START RECORDS FOR THE TASK

-- ===== src/Config/Comment.antt =====
-- internal/config/config.go: what `stripInlineComment` removes.
use thunder_go.Prelude.{
  ℕ, ◌≡◌, refl, ap, ◌∙◌, subst, ◌⊎◌, inl, inr, Bool, false, not, ◌&&◌, Option, none, some, [], ◌∷◌,
  ◌++◌, arith, ◌==◌, if◌then◌else◌, Bool-cases,
}
use thunder_go.Config.{scan, stripped, strip_inline_comment, before_comment, is_blank}
use thunder_go.Prelude.Text.{Text, trim_right, is_empty}

-- The text before a comment, and the comment.
abbrev SplitAt : Text → Text → Type 0
SplitAt s before = (t : Text) × (s ≡ before ++ b'#' ∷ t)

before_comment-SplitAt :
    (c : ℕ) (s before : Text) (o : Option Text)
    → ((b : Text) → o ≡ some b → SplitAt s b)
    → before_comment c o ≡ some before
    → SplitAt (c ∷ s) before
unfolding before_comment
before_comment-SplitAt c s before none h e = cc
before_comment-SplitAt c s before (some b) h e =
    let (t, f) = h b refl in
    let g : c ∷ b ≡ before = cc e in (t, subst (λ x. c ∷ s ≡ x ++ b'#' ∷ t) g (ap (λ x. c ∷ x) f))

scan-SplitAt :
    (in_single in_double after_blank : Bool) (s before : Text)
    → scan in_single in_double after_blank s ≡ some before
    → SplitAt s before
unfolding scan
scan-SplitAt in_single in_double after_blank [] before h = cc
scan-SplitAt in_single in_double after_blank (c ∷ s) before h =
    let sq = if c == 39 && not in_double then not in_single else in_single in
    let dq = if c == b'"' && not in_single then not in_double else in_double in
    elim (Bool-cases (c == b'#' && (not in_single && (not in_double && after_blank)))) [
      | inl e ↦
          let g : [] ≡ before = cc (rw e at h) in
          let d : c ≡ b'#' = ground (arith, e) in
          (s, subst (λ x. c ∷ s ≡ x ++ b'#' ∷ s) g (ap (λ x. x ∷ s) d))
      | inr e ↦
          before_comment-SplitAt c s before (scan sq dq (is_blank c) s)
            (λ b f. scan-SplitAt sq dq (is_blank c) s b f) (rw e at h)
    ]

trim_right-tail : (p : ℕ → Bool) (s : Text) → (t : Text) × (s ≡ trim_right p s ++ t)
unfolding trim_right is_empty
trim_right-tail p [] = ([], refl)
trim_right-tail p (c ∷ s) = elim (Bool-cases (p c && is_empty (trim_right p s))) [
  | inl e ↦ rw e (c ∷ s, refl)
  | inr e ↦ rw e (let (t, f) = trim_right-tail p s in (t, ap (λ x. c ∷ x) f))
]

-- What `stripInlineComment` leaves of a line is the whole line, or a front part of it with a number
-- sign somewhere behind it.
strip_inline_comment-front :
    (line : Text)
    → (strip_inline_comment line ≡ line)
      ⊎ ((gap : Text) × (t : Text) × (line ≡ (strip_inline_comment line ++ gap) ++ b'#' ∷ t))
unfolding strip_inline_comment stripped
strip_inline_comment-front line = go (scan false false false line) refl
  where
    go :
        (o : Option Text)
        → scan false false false line ≡ o
        → (stripped line o ≡ line)
          ⊎ ((gap : Text) × (t : Text) × (line ≡ (stripped line o ++ gap) ++ b'#' ∷ t))
    go none e = inl refl
    go (some before) e =
        let (t, f) = scan-SplitAt false false false line before e in
        let (gap, g) = trim_right-tail is_blank before in
        inr (gap, t, f ∙ ap (λ x. x ++ b'#' ∷ t) g)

END RECORDS FOR THE TASK

* [TASK TO COMPLETE]
From the records above, pull out every line containing the word "none".

* [RESPONSE TO THIS TASK]
  ℕ, ◌≡◌, refl, ap, ◌∙◌, subst, ◌⊎◌, inl, inr, Bool, false, not, ◌&&◌, Option, none, some, [], ◌∷◌,
before_comment-SplitAt c s before none h e = cc
    go none e = inl refl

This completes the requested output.